Blitz: A Preprocessor for Detecting Context-Independent Linguistic Structures
-
Boris Katz, Deniz Yuret, Jimmy Lin, Sue Felshin, Rebecca Schulman,
and Adnan Ilik (1998)
( DOC )
-
Blitz: A Preprocessor for Detecting Context-Independent Linguistic
Structures. In Proceedings of the 5th Pacific Rim International
Conference on Artificial Intelligence.
Abstract:
The flow of natural language is often broken by constructions which
are difficult to analyze with conventional linguistic parsers. To
handle these constructions, which include numbers, dates, addresses,
etc., and, to a lesser extent, proper nouns, natural language systems
typically implement specialized new rules. This leads to a level of
complexity which renders development and maintenance
difficult. Analyzing and tokenizing these constructions with an
independent preprocessor can alleviate the burden on already taxed
systems.
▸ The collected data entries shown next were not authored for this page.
-- ===== src/Waryio/Available.antt =====
-- The loops of internal/waryio/mkdir.go and rename.go: which name they end on, and that they end.
use baamhackl.Base.{
  ℕ, zero, suc, ◌<◌, Bool, false, Option, none, some, ◌≡◌, refl, sym, ◌∙◌, inl, inr, arith,
  Option-cases, Bool-cases,
}
use baamhackl.Waryio.{
  FilePath, IoError, exist, try_from, try_names, is_exist, make_available_dir,
  rename_to_available_name,
}

module _ {G : Type 0} (next : G → Option (FilePath × G)) where
  -- The iterator's name number k.
  unfoldable pub nth_name : G → ℕ → Option FilePath
  nth_name g zero = elim (next g) [ none ↦ none | some (p, g') ↦ some p ]
  nth_name g (suc k) = elim (next g) [ none ↦ none | some (p, g') ↦ nth_name g' k ]

  nth_name-suc :
      (g g' : G) (q : FilePath) (k : ℕ) → next g ≡ some (q, g') → nth_name g (suc k) ≡ nth_name g' k
  unfolding nth_name
  nth_name-suc g g' q k n = rw (n, nth_name) refl

  nth_name-zero : (g g' : G) (q : FilePath) → next g ≡ some (q, g') → nth_name g 0 ≡ some q
  unfolding nth_name
  nth_name-zero g g' q n = rw (n, nth_name) refl

  -- If there is a name number k, the iterator goes on to a first one.
  next_of_nth_name :
      (g : G) (k : ℕ) (p : FilePath)
      → nth_name g k ≡ some p
      → (x : FilePath × G) × (next g ≡ some x)
  unfolding nth_name
  next_of_nth_name g zero p e = elim (Option-cases (next g)) [
    | inl n ↦ absurd (grind arith)
    | inr x ↦ x
  ]
  next_of_nth_name g (suc k) p e = elim (Option-cases (next g)) [
    | inl n ↦ absurd (grind arith)
    | inr x ↦ x
  ]

module _ {W G : Type 0} (next : G → Option (FilePath × G))
    (op : W → FilePath → W × Option IoError) where
  -- In the state w the names before number k all exist, and the call on number k, p, succeeds with
  -- the state w'.
  unfoldable pub IsFirst : W → G → ℕ → FilePath → W → Type 0
  IsFirst w g k p w' =
      ((i : ℕ) → i < k → (q : FilePath) × (nth_name next g i ≡ some q) × (op w q ≡ (w, some exist)))
      × (nth_name next g k ≡ some p)
      × (op w p ≡ (w', none))

  try_from-free :
      (n : ℕ) (w w' : W) (q : FilePath) (g : G)
      → op w q ≡ (w', none)
      → try_from next op (suc n) w q g ≡ some (w', inr q)
  unfolding try_from
  try_from-free n w w' q g e = grind arith

  try_from-taken :
      (n : ℕ) (w : W) (q q' : FilePath) (g g' : G)
      → op w q ≡ (w, some exist)
      → next g ≡ some (q', g')
      → try_from next op (suc n) w q g ≡ try_from next op n w q' g'
  unfolding try_from is_exist
  try_from-taken n w q q' g g' e f = grind arith

  try_from-IsFirst :
      (k fuel : ℕ) (w w' : W) (g g' : G) (q p : FilePath)
      → next g ≡ some (q, g')
      → IsFirst w g k p w'
      → k < fuel
      → try_from next op fuel w q g' ≡ some (w', inr p)
  unfolding IsFirst
  try_from-IsFirst k zero w w' g g' q p n h l = absurd (omega arith)
  try_from-IsFirst zero (suc fuel) w w' g g' q p n h l =
      let q_is_p : q ≡ p = cc (nth_name-zero next g g' q n, h.1) in
      rw q_is_p (try_from-free fuel w w' p g' h.2)
  try_from-IsFirst (suc k) (suc fuel) w w' g g' q p n (taken, named, free) l =
      let (r, r_named, r_taken) = taken 0 (omega arith) in
      let q_is_r : q ≡ r = cc (nth_name-zero next g g' q n, r_named) in
      let named' : nth_name next g' k ≡ some p = sym (nth_name-suc next g g' q k n) ∙ named in
      let ((q', g''), n') = next_of_nth_name next g' k p named' in
      let taken' : (i : ℕ)
          → i < k
          → (s : FilePath) × (nth_name next g' i ≡ some s) × (op w s ≡ (w, some exist)) =
        λ i i_lt.
          let (s, e, f) = taken (suc i) (omega arith) in
          (s, sym (nth_name-suc next g g' q i n) ∙ e, f) in
      try_from-taken fuel w q q' g' g'' (rw q_is_r r_taken) n'
      ∙ try_from-IsFirst k fuel w w' g' g'' q' p n' (taken', named', free) (omega arith)

  try_names-some :
      (fuel : ℕ) (w : W) (g g' : G) (q : FilePath)
      → next g ≡ some (q, g')
      → try_names next op fuel w g ≡ try_from next op fuel w q g'
  unfolding try_names
  try_names-some fuel w g g' q n = rw (n, try_names) refl

  -- If a first name is free, the loop ends on it: more fuel than names before it is enough.
  pub try_names-IsFirst :
      (k fuel : ℕ) (w w' : W) (g : G) (p : FilePath)
      → IsFirst w g k p w'
      → k < fuel
      → try_names next op fuel w g ≡ some (w', inr p)
  unfolding IsFirst
  try_names-IsFirst k fuel w w' g p h l =
      let ((q, g'), n) = next_of_nth_name next g k p h.1 in
      try_names-some fuel w g g' q n ∙ try_from-IsFirst k fuel w w' g g' q p n h l

  -- Whatever the loop returns as the path used is a name of the iterator, and the call succeeded on
  -- it as the last thing that happened to the file system.
  try_from-used :
      (fuel : ℕ) (w w' : W) (g g' : G) (q p : FilePath)
      → next g ≡ some (q, g')
      → try_from next op fuel w q g' ≡ some (w', inr p)
      → (k : ℕ) × (nth_name next g k ≡ some p) × (v : W) × (op v p ≡ (w', none))
  unfolding try_from
  try_from-used zero w w' g g' q p n e = absurd (grind arith)
  try_from-used (suc fuel) w w' g g' q p n e = elim (Option-cases (op w q).1) [
    | inl free ↦ (0, nth_name-zero next g g' p (grind arith), w, grind arith)
    | inr (er, taken) ↦ elim (Option-cases (next g')) [
      | inl over ↦ absurd (grind arith)
      | inr ((q', g''), n') ↦
          let (k, named, v, ok) =
            try_from-used fuel (op w q).0 w' g' g'' q' p n' (elim (Bool-cases (is_exist er)) [
              | inl b ↦ grind arith
              | inr b ↦ absurd (grind arith)
            ]) in
          (suc k, nth_name-suc next g g' q k n ∙ named, v, ok)
    ]
  ]

  pub try_names-used :
      (fuel : ℕ) (w w' : W) (g : G) (p : FilePath)
      → try_names next op fuel w g ≡ some (w', inr p)
      → (k : ℕ) × (nth_name next g k ≡ some p) × (v : W) × (op v p ≡ (w', none))
  unfolding try_names
  try_names-used fuel w w' g p e = elim (Option-cases (next g)) [
    | inl n ↦ absurd (grind arith)
    | inr ((q, g'), n) ↦
        try_from-used fuel w w' g g' q p n (sym (try_names-some fuel w g g' q n) ∙ e)
  ]

-- MakeAvailableDir creates the first directory that does not exist yet among the names of the
-- iterator, if there is one: with more fuel than the names before it the loop ends there.
pub make_available_dir-IsFirst :
    {W G : Type 0} (mkdir : W → FilePath → W × Option IoError) (next : G → Option (FilePath × G))
    (k fuel : ℕ) (w w' : W) (g : G) (p : FilePath)
    → IsFirst next mkdir w g k p w'
    → k < fuel
    → make_available_dir mkdir next fuel w g ≡ some (w', inr p)
unfolding make_available_dir
make_available_dir-IsFirst mkdir next = try_names-IsFirst next mkdir

-- RenameToAvailableName never replaces a file: if a rename without replacement succeeds only where
-- nothing exists, then the path that it returns is one of the iterator's, nothing existed there, and
-- renaming the old path to it is the last thing that happened.
pub rename_to_available_name-used :
    {W G : Type 0} (rename_without_replace : W → FilePath → FilePath → W × Option IoError)
    (next : G → Option (FilePath × G)) (exists : W → FilePath → Bool) (old p : FilePath) (fuel : ℕ)
    (w w' : W) (g : G)
    → ((v v' : W) (q : FilePath) → rename_without_replace v old q ≡ (v', none) → exists v q ≡ false)
    → rename_to_available_name rename_without_replace old next fuel w g ≡ some (w', inr p)
    → ((k : ℕ) × (nth_name next g k ≡ some p))
      × (v : W) × (exists v p ≡ false)
      × (rename_without_replace v old p ≡ (w', none))
unfolding rename_to_available_name
rename_to_available_name-used rename_without_replace next exists old p fuel w w' g no_replace e =
    let (k, named, v, ok) =
      try_names-used next (λ u q. rename_without_replace u old q) fuel w w' g p e in
    ((k, named), v, no_replace v w' p ok, ok)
Because these constructions have highly regular forms, and
can be largely understood in the absence of context, it is possible to
shift the burden of processing away from the primary parser, and onto
a simpler, faster, non-linguistic preprocessor. This paper describes
Blitz, a hybrid database- and heuristic-based natural language
preprocessor, which has been integrated into the START Natural
Language System in order to demonstrate how non-linguistic
preprocessing can improve parsing. As a result, START's ability to
analyze real-world sentences has improved considerably.